■ **Data**
____________

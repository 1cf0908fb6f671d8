-- ===== src/Profiler/Frequency.antt =====
-- rdtsc/rdtsc_utils.c: guess_cpu_freq and get_ms_from_cpu_ticks. The readings of the two clocks are
-- parameters.
use computer_enhance.Shared.{
  ℕ, zero, suc, ◌+◌, ◌*◌, ◌/◌, ◌%◌, ◌^◌, ◌<◌, ◌≤◌, ◌≡◌, refl, ◌∙◌, ◌==◌, true, ltb, if◌then◌else◌,
  Option, none, some, Outcome, ok, exit_error, arith, Bool-cases, inl, inr,
}
use computer_enhance.Profiler.Blocks.{elapsed}

-- GetOSTimerFreq: microseconds
abbrev pub os_timer_freq : ℕ
os_timer_freq = 1000000

-- `while(OSElapsed < WaitTimerTicks)`, with fuel: the k-th reading of the timer is `os k`.
unfoldable pub wait_os : ℕ → (ℕ → ℕ) → ℕ → ℕ → ℕ → ℕ → Option ℕ
wait_os zero os wait_timer_ticks os_start os_elapsed k =
    if ltb os_elapsed wait_timer_ticks then none else some os_elapsed
wait_os (suc fuel) os wait_timer_ticks os_start os_elapsed k =
    let rest = wait_os fuel os wait_timer_ticks os_start (elapsed (os k) os_start) (k + 1) in
    if ltb os_elapsed wait_timer_ticks then rest else some os_elapsed

-- CPUFreq, from the two elapsed times.
unfoldable pub cpu_freq : ℕ → ℕ → ℕ
cpu_freq cpu_elapsed os_elapsed =
    if os_elapsed == 0 then 0 else os_timer_freq * cpu_elapsed % 2 ^ 64 / os_elapsed

-- Behind the wait, with the two readings of the CPU's clock: CPUFreq, and calculated_cpu_freq, which
-- takes it over if it was 0.
unfoldable pub freq_after : ℕ → ℕ → ℕ → Option ℕ → Option (ℕ × ℕ)
unfolding cpu_freq
freq_after calculated_cpu_freq cpu_start cpu_end none = none
freq_after calculated_cpu_freq cpu_start cpu_end (some os_elapsed) =
    let freq = cpu_freq (elapsed cpu_end cpu_start) os_elapsed in
    some (freq, if calculated_cpu_freq == 0 then freq else calculated_cpu_freq)

unfoldable pub guess_cpu_freq : ℕ → (ℕ → ℕ) → ℕ → ℕ → ℕ → ℕ → Option (ℕ × ℕ)
unfolding wait_os freq_after
guess_cpu_freq fuel os calculated_cpu_freq cpu_start cpu_end wait_ms =
    freq_after calculated_cpu_freq cpu_start cpu_end
      (wait_os fuel os (wait_ms * (os_timer_freq / 1000)) (os 0) 0 1)

-- get_ms_from_cpu_ticks: the milliseconds and calculated_cpu_freq. A frequency that is not calculated
-- yet becomes what guess_cpu_freq finds.
unfoldable pub get_ms_from_cpu_ticks : ℕ → ℕ → ℕ → Outcome (ℕ × ℕ)
get_ms_from_cpu_ticks guessed calculated_cpu_freq elapsed_cpu_ticks =
    let freq = if calculated_cpu_freq == 0 then guessed else calculated_cpu_freq in
    if freq == 0 then exit_error else ok (elapsed_cpu_ticks * 1000 % 2 ^ 64 / freq, freq)

module _ (os : ℕ → ℕ) (wait_timer_ticks os_start : ℕ) where
  wait_os_over :
      (fuel os_elapsed k : ℕ)
      → wait_timer_ticks ≤ os_elapsed
      → wait_os fuel os wait_timer_ticks os_start os_elapsed k ≡ some os_elapsed
  unfolding wait_os
  wait_os_over zero os_elapsed k h = ground arith
  wait_os_over (suc fuel) os_elapsed k h = ground arith

  wait_os_short :
      (fuel os_elapsed k : ℕ)
      → os_elapsed < wait_timer_ticks
      → wait_os (suc fuel) os wait_timer_ticks os_start os_elapsed k
        ≡ wait_os fuel os wait_timer_ticks os_start (elapsed (os k) os_start) (k + 1)
  unfolding wait_os
  wait_os_short fuel os_elapsed k h =
      let short : ltb os_elapsed wait_timer_ticks ≡ true = ground arith in rw short refl

  -- The wait ends when the timer has advanced far enough, in as many readings as that takes, and what it
  -- waited is one of these readings less the first.
  wait_os-ends :
      (left fuel k : ℕ)
      → left ≤ fuel
      → wait_timer_ticks ≤ elapsed (os (k + left)) os_start
      → (j : ℕ) × (j ≤ k + left)
        × (wait_os fuel os wait_timer_ticks os_start (elapsed (os k) os_start) (k + 1)
            ≡ some (elapsed (os j) os_start))
        × (wait_timer_ticks ≤ elapsed (os j) os_start)
  wait_os-ends zero fuel k h reached =
      let same : k + 0 ≡ k = omega arith in
      let enough : wait_timer_ticks ≤ elapsed (os k) os_start = rw (← same) reached in
      (k, omega arith, wait_os_over fuel _ (k + 1) enough, enough)
  wait_os-ends (suc left) zero k h reached = absurd (omega arith)
  wait_os-ends (suc left) (suc fuel) k h reached =
      elim (Bool-cases (ltb (elapsed (os k) os_start) wait_timer_ticks)) [
        | inr over ↦
            let enough : wait_timer_ticks ≤ elapsed (os k) os_start = ground (arith, over) in
            (k, omega arith, wait_os_over (suc fuel) _ (k + 1) enough, enough)
        | inl short ↦
            let same : k + 1 + left ≡ k + suc left = omega arith in
            let (j, before, e, enough) =
              wait_os-ends left fuel (k + 1) (omega (arith, h)) (rw same reached) in
            (
              j,
              omega (arith, before),
              wait_os_short fuel _ (k + 1) (ground (arith, short)) ∙ e,
              enough,
            )
      ]
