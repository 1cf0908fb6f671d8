-- ===== src/Profiler/Totals.antt =====
-- rdtsc/rdtsc_utils.h: the whole run of properly nested code.
use computer_enhance.Shared.{
  ℕ, ◌+◌, ◌%◌, ◌^◌, ◌==◌, ◌≡◌, refl, ◌∙◌, true, false, not, ◌&&◌, if◌then◌else◌, List, [], ◌∷◌,
  none, some, arith, Bool-cases, inl, inr,
}
use computer_enhance.Profiler.Blocks.{
  Profile, elapsed, is_index, block_start, block_end, empty_profile,
}
use computer_enhance.Profiler.Nesting.{
  Calls, done, call, run_calls, current, is_active, IsNested, spent, times, IsReady, Adds,
  Adds-none, Adds-trans,
}
use computer_enhance.Profiler.Accounting.{
  recursive_start, block_start-recursive, recursive-Adds, nested_start, block_start-nested,
  active_other, own_ticks, own_call, nested-Adds,
}

Adds-same :
    (active : List ℕ) (ticks calls ticks' calls' : ℕ → ℕ) (p q : Profile)
    → ((i : ℕ) → ticks i ≡ ticks' i)
    → ((i : ℕ) → calls i ≡ calls' i)
    → Adds active ticks calls p q
    → Adds active ticks' calls' p q
Adds-same active ticks calls ticks' calls' p q same_ticks same_calls adds = record {
  index = adds.index;
  recursive = adds.recursive;
  start = adds.start;
  parent = adds.parent;
  total = λ i. omega (arith, adds.total i, same_ticks i);
  counted = λ i. omega (arith, adds.counted i, same_calls i);
}

Adds-IsReady :
    (active : List ℕ) (ticks calls : ℕ → ℕ) (p q : Profile)
    → IsReady active p
    → Adds active ticks calls p q
    → IsReady active q
Adds-IsReady active ticks calls p q ready adds = record {
  index = adds.index ∙ ready.index;
  recursive = λ i h. adds.recursive i ∙ ready.recursive i h;
}

is_index-is_active :
    (index : ℕ) (active : List ℕ)
    → is_index index (current active) ≡ true
    → (is_active index active ≡ true) × (current active ≡ some index)
is_index-is_active index [] h = absurd (cc h)
is_index-is_active index (a ∷ active) h = (ground (arith, h), ground (arith, h))

-- A run of calls adds what these spend, as far as they are not recursive.
unfoldable pub RunAdds : List ℕ → Calls → Profile → Type 0
RunAdds active calls p =
    Adds active (λ i. spent i (current active) calls) (λ i. times i (current active) calls) p
      (run_calls calls p)

module _ (index : ℕ) (block_name : List ℕ) (byte_count begun ended : ℕ) where
  recursive_start-IsReady :
      (active : List ℕ) (p : Profile)
      → is_active index active ≡ true
      → IsReady active p
      → IsReady active (recursive_start index block_name byte_count begun ended p)
  unfolding recursive_start
  recursive_start-IsReady active p h ready = record {
    index = ready.index;
    recursive = λ i out.
        let other = active_other i block_name byte_count begun ended active index h out in
        ground (arith, other, ready.recursive i out);
  }

  nested_start-IsReady :
      (active : List ℕ) (p : Profile)
      → IsReady active p
      → IsReady (index ∷ active) (nested_start index block_name byte_count begun ended p)
  unfolding nested_start
  nested_start-IsReady active p ready = record {
    index = refl;
    recursive = λ i out. ground (arith, out, ready.recursive i);
  }

  -- A call, given what the calls inside it add.
  CallAdds : List ℕ → Calls → Profile → Type 0
  CallAdds active inside p =
      Adds active
        (λ i.
          (if not (is_index index (current active)) && index == i then elapsed ended begun else 0)
          + spent i (some index) inside)
        (λ i.
          (if not (is_index index (current active)) && index == i then 1 else 0)
          + times i (some index) inside)
        p
        (block_end index ended (run_calls inside (block_start index block_name byte_count begun p)))

  recursive-CallAdds :
      (active : List ℕ) (inside : Calls) (p : Profile)
      → is_index index (current active) ≡ true
      → IsReady active p
      → ((p1 : Profile) → IsReady active p1 → RunAdds active inside p1)
      → CallAdds active inside p
  unfolding CallAdds RunAdds
  recursive-CallAdds active inside p h ready further =
      let (on, same) = is_index-is_active index active h in
      let p1 = recursive_start index block_name byte_count begun ended p in
      let is_current : is_index index p.profile_index ≡ true = rw ready.index h in
      let started = block_start-recursive index block_name byte_count begun ended p is_current in
      let added = further p1 (recursive_start-IsReady active p on ready) in
      rw started (
        Adds-same active _ _ _ _ p _ (λ i. rw (h, same) (omega arith))
          (λ i. rw (h, same) (omega arith))
          (recursive-Adds index block_name byte_count begun ended active _ _ p (run_calls inside p1)
            added))

  nested-CallAdds :
      (active : List ℕ) (inside : Calls) (p : Profile)
      → is_index index (current active) ≡ false
      → is_active index active ≡ false
      → IsReady active p
      → ((p1 : Profile) → IsReady (index ∷ active) p1 → RunAdds (index ∷ active) inside p1)
      → CallAdds active inside p
  unfolding CallAdds RunAdds own_ticks own_call
  nested-CallAdds active inside p h out ready further =
      let p1 = nested_start index block_name byte_count begun ended p in
      let is_current : is_index index p.profile_index ≡ false = rw ready.index h in
      let started = block_start-nested index block_name byte_count begun ended p is_current in
      let added = further p1 (nested_start-IsReady active p ready) in
      rw (started, h)
        (nested-Adds index block_name byte_count begun ended active _ _ p (run_calls inside p1) out
          (ready.recursive index out) added)

-- Properly nested code leaves the current block, the recursion counts and the active blocks as they were,
-- and adds to each block, as 64-bit numbers, the ticks and the number of its calls that are not
-- recursive.
pub run_calls-Adds :
    (calls : Calls) (active : List ℕ) (p : Profile)
    → IsNested active calls
    → IsReady active p
    → Adds active
        (λ i. spent i (current active) calls)
        (λ i. times i (current active) calls)
        p
        (run_calls calls p)
unfolding RunAdds CallAdds run_calls spent times
run_calls-Adds done active p nested ready = Adds-none active p
run_calls-Adds (call index block_name byte_count begun inside ended after) active p
      (allowed, inner, behind) ready =
    let here : CallAdds index block_name byte_count begun ended active inside p =
      elim (Bool-cases (is_index index (current active))) [
        | inl h ↦
            recursive-CallAdds index block_name byte_count begun ended active inside p h ready
              λ p1 ready1. run_calls-Adds inside active p1 (rw h at inner) ready1
        | inr h ↦
            nested-CallAdds index block_name byte_count begun ended active inside p h
              (ground (arith, h, allowed)) ready
              λ p1 ready1. run_calls-Adds inside (index ∷ active) p1 (rw h at inner) ready1
      ] in
    let p2 =
      block_end index ended (run_calls inside (block_start index block_name byte_count begun p)) in
    let rest = run_calls-Adds after active p2 behind (Adds-IsReady active _ _ p p2 ready here) in
    Adds-trans active _ _ _ _ p p2 (run_calls after p2) here rest

-- A program of properly nested blocks, where a block calls itself only directly and never from within
-- another block, ends with no current block. As 64-bit numbers, total_ticks of each block is the ticks of
-- its outermost calls, and count is their number: a recursive call is counted in neither.
pub run_calls-totals :
    (calls : Calls)
    → IsNested [] calls
    → let p = run_calls calls empty_profile in
      (p.profile_index ≡ none)
      × ((i : ℕ) → (p.profile_data i).total_ticks % 2 ^ 64 ≡ spent i none calls % 2 ^ 64)
      × ((i : ℕ) → (p.profile_data i).count % 2 ^ 64 ≡ times i none calls % 2 ^ 64)
unfolding empty_profile
run_calls-totals calls nested =
    let adds =
      run_calls-Adds calls [] empty_profile nested
        (record { index = refl; recursive = λ i h. refl }) in
    (adds.index, λ i. omega (arith, adds.total i), λ i. omega (arith, adds.counted i))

____________

■ **Task directions**
From the line that has "-- takes it over if it was 0." through the line that has "some (freq, if", copy every line exactly as it appears above, and leave out all others.

■ **Answer section**
-- takes it over if it was 0.
unfoldable pub freq_after : ℕ → ℕ → ℕ → Option ℕ → Option (ℕ × ℕ)
unfolding cpu_freq
freq_after calculated_cpu_freq cpu_start cpu_end none = none
freq_after calculated_cpu_freq cpu_start cpu_end (some os_elapsed) =
    let freq = cpu_freq (elapsed cpu_end cpu_start) os_elapsed in
    some (freq, if calculated_cpu_freq == 0 then freq else calculated_cpu_freq)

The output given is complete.